図1から図3を参照して本発明の実施形態に係るボタンスイッチ(以下、単に「スイッチ1」という)について説明する。
図1(a)の斜視図は、スイッチ1が遊技機の操作パネルに組み込まれている部分を拡大し透視して示している。このように、スイッチ1は、筐体30の上面に配置される第1ボタン10及び第2ボタン20をパネル面2から露出させ、パネル面2の下の視認できない位置にて外部配線3に接続されている。
このように構成されることによりスイッチ1は、遊戯者により第1ボタン10及び第2ボタン20がプッシュされて、この遊戯機を操作するものである。
【0026】
また筐体30の上面の露出部分の外周は楕円形状を有し、照光する第1プッシュ面板11は円形であって、第2プッシュ面21(図2参照)よりも面積が大きく構成されている。

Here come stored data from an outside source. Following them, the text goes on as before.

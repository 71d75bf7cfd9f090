-- ===== src/Protocol.antt =====
-- src/terminal/protocol.rs: the bytes that keys, mouse events and pasted text send to a terminal.
pub mod Mouse
pub mod Keys
mod Examples
use color_ssh.Base.{
  digits, decimal, ℕ, zero, suc, ◌+◌, ◌-◌, ◌*◌, ◌/◌, ◌%◌, min, max, Text, codes, Option, none, some,
  Bool, true, false, not, ◌&&◌, ◌||◌, List, [], ◌∷◌, ◌++◌, ltb, leb, ◌==◌, if◌then◌else◌,
}

-- A character as UTF-8.
abbrev pub encode_utf8 : ℕ → List ℕ
encode_utf8 c =
    if ltb c 128
    then c ∷ []
    else if ltb c 2048
    then (192 + c / 64) ∷ (128 + c % 64) ∷ []
    else if ltb c 65536
    then (224 + c / 4096) ∷ (128 + c / 64 % 64) ∷ (128 + c % 64) ∷ []
    else (240 + c / 262144) ∷ (128 + c / 4096 % 64) ∷ (128 + c / 64 % 64) ∷ (128 + c % 64) ∷ []

-- `u8::saturating_add`
abbrev pub saturating_add : ℕ → ℕ → ℕ
saturating_add a b = min (a + b) 255

abbrev pub encode_paste_bytes : List ℕ → Bool → List ℕ
encode_paste_bytes pasted false = pasted
encode_paste_bytes pasted true = 27 ∷ codes "[200~" ++ pasted ++ 27 ∷ codes "[201~"

pub data MouseProtocolEncoding : Type 0 where
  sgr legacy : MouseProtocolEncoding

abbrev pub clamp : ℕ → ℕ → ℕ → ℕ
clamp n low high = min (max n low) high

unfoldable pub encode_mouse_event_bytes : MouseProtocolEncoding → ℕ → ℕ → ℕ → Bool → List ℕ
unfolding digits
encode_mouse_event_bytes sgr button col row is_release =
    27
    ∷ b'['
    ∷ b'<'
    ∷ (decimal button
        ++ b';' ∷ (decimal col ++ b';' ∷ (decimal row ++ (if is_release then b'm' else b'M') ∷ [])))
encode_mouse_event_bytes legacy button col row is_release =
    27
    ∷ b'['
    ∷ b'M'
    ∷ (if is_release then 35 else saturating_add button 32)
    ∷ saturating_add (clamp col 1 223) 32
    ∷ saturating_add (clamp row 1 223) 32
    ∷ []

-- The modifiers that count: the others are masked out first.
pub record KeyModifiers : Type 0 where
  pub shift : Bool
  pub alt : Bool
  pub control : Bool

abbrev pub plain : KeyModifiers
plain = record { shift = false; alt = false; control = false }

abbrev pub only_alt : KeyModifiers
only_alt = record { shift = false; alt = true; control = false }

abbrev pub is_plain : KeyModifiers → Bool
is_plain m = not m.shift && (not m.alt && not m.control)

abbrev pub is_only_alt : KeyModifiers → Bool
is_only_alt m = not m.shift && (m.alt && not m.control)

unfoldable pub modifier_parameter : KeyModifiers → ℕ
modifier_parameter m =
    let with_shift = if m.shift then saturating_add 1 1 else 1 in
    let with_alt = if m.alt then saturating_add with_shift 2 else with_shift in
    if m.control then saturating_add with_alt 4 else with_alt

abbrev pub prefix_with_escape : List ℕ → List ℕ
prefix_with_escape bytes = 27 ∷ bytes

unfoldable pub encode_csi_cursor_key : ℕ → KeyModifiers → List ℕ
unfolding modifier_parameter digits
encode_csi_cursor_key final_byte m =
    let base = 27 ∷ b'[' ∷ final_byte ∷ [] in
    if is_plain m
    then base
    else if is_only_alt m
    then prefix_with_escape base
    else 27 ∷ codes "[1;" ++ decimal (modifier_parameter m) ++ encode_utf8 final_byte

unfoldable pub encode_csi_tilde_key : ℕ → KeyModifiers → List ℕ
unfolding modifier_parameter digits
encode_csi_tilde_key code m =
    let base = 27 ∷ b'[' ∷ decimal code ++ codes "~" in
    if is_plain m
    then base
    else if is_only_alt m
    then prefix_with_escape base
    else 27 ∷ b'[' ∷ decimal code ++ b';' ∷ decimal (modifier_parameter m) ++ codes "~"

-- The keys that the encoder tells apart; `other` is any other.
pub data KeyCode : Type 0 where
  char : ℕ → KeyCode
  enter backspace tab esc up down right left home end page_up page_down delete insert : KeyCode
  other : KeyCode

abbrev pub control_byte : ℕ → ℕ
control_byte ch =
    if (ch == b'@') || (ch == b' ')
    then 0
    else if leb b'a' ch && leb ch b'z'
    then ch - b'a' + 1
    else if leb b'A' ch && leb ch b'Z'
    then ch - b'A' + 1
    else if leb b'[' ch && leb ch b'_'
    then ch - b'[' + 27
    else if ch == b'?'
    then 127
    else ch % 256

abbrev pub with_alt : KeyModifiers → List ℕ → List ℕ
with_alt m out = if m.alt then prefix_with_escape out else out

unfoldable pub encode_key_event_bytes : KeyCode → KeyModifiers → Option (List ℕ)
unfolding encode_csi_cursor_key encode_csi_tilde_key
encode_key_event_bytes (char ch) m =
    some (with_alt m (if m.control then control_byte ch ∷ [] else encode_utf8 ch))
encode_key_event_bytes enter m = some (with_alt m (13 ∷ []))
encode_key_event_bytes backspace m = some (with_alt m (127 ∷ []))
encode_key_event_bytes tab m = some (with_alt m (9 ∷ []))
encode_key_event_bytes esc m = some (with_alt m (27 ∷ []))
encode_key_event_bytes up m = some (encode_csi_cursor_key b'A' m)
encode_key_event_bytes down m = some (encode_csi_cursor_key b'B' m)
encode_key_event_bytes right m = some (encode_csi_cursor_key b'C' m)
encode_key_event_bytes left m = some (encode_csi_cursor_key b'D' m)
encode_key_event_bytes home m = some (encode_csi_cursor_key b'H' m)
encode_key_event_bytes end m = some (encode_csi_cursor_key b'F' m)
encode_key_event_bytes page_up m = some (encode_csi_tilde_key 5 m)
encode_key_event_bytes page_down m = some (encode_csi_tilde_key 6 m)
encode_key_event_bytes delete m = some (encode_csi_tilde_key 3 m)
encode_key_event_bytes insert m = some (encode_csi_tilde_key 2 m)
encode_key_event_bytes other m = none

このようにスイッチ1の露出面が構成されることにより、幾何学的に、第1ボタン10と第2ボタン20とを小面積でかつ密接させて配置するとともに、これらを収納する筐体30のパネル面2の内側における占有領域を小さくすることができ、省スペース性がもたらされる。
【0027】
外部配線3は、その先端部分がスイッチ1に接続されるとともに、基端部分(図示略)が遊戯機の制御装置(図示略)に接続され、第1ボタン10を照光させる電力を供給したり、第1ボタン10及び第2ボタン20のオン状態/オフ状態を示す信号をこの制御装置に伝送させるものである。
このように第1ボタン10が照光することによって、スイッチ1のボタン10,20が小面積に構成されても、他のスイッチ(図示略)との誤操作を防止し、遊技者に操作を示唆することができ、さらに装飾的効果がもたらされる。また、照光式のボタンスイッチ1であるのにもかかわらず、外部配線3は1本ですむので、遊戯機のメンテナンス性の向上をもたらす。
【0028】
図1(b)の斜視図はパネル面2からスイッチ1を取り外した状態を示している。
図示されるようにスイッチ1は、筐体30が、パネル面2の開口2aに係合し、締結部材50により固定されている。このように構成されるスイッチ1は、パネル面2に対して着脱が容易であり、遊戯機のメンテナンス性が向上する。
【0029】
筐体30は、スイッチ1の本体を構成するものであって、外観視において鍔部位31、収納部32、螺刻面33、電装部40に区分される。このように構成される筐体30は、第1ボタン10及び第2ボタン20をその内部に収納し、これらの露出面(プッシュ面)が遊戯者の指によりプッシュ操作されるように、これらを弾発支持する。
【0030】
鍔部位31は、パネル面2の開口2aを図中上側から係止するように、筐体30の上面の外周に鍔状(フランジ状)に設けられているものである。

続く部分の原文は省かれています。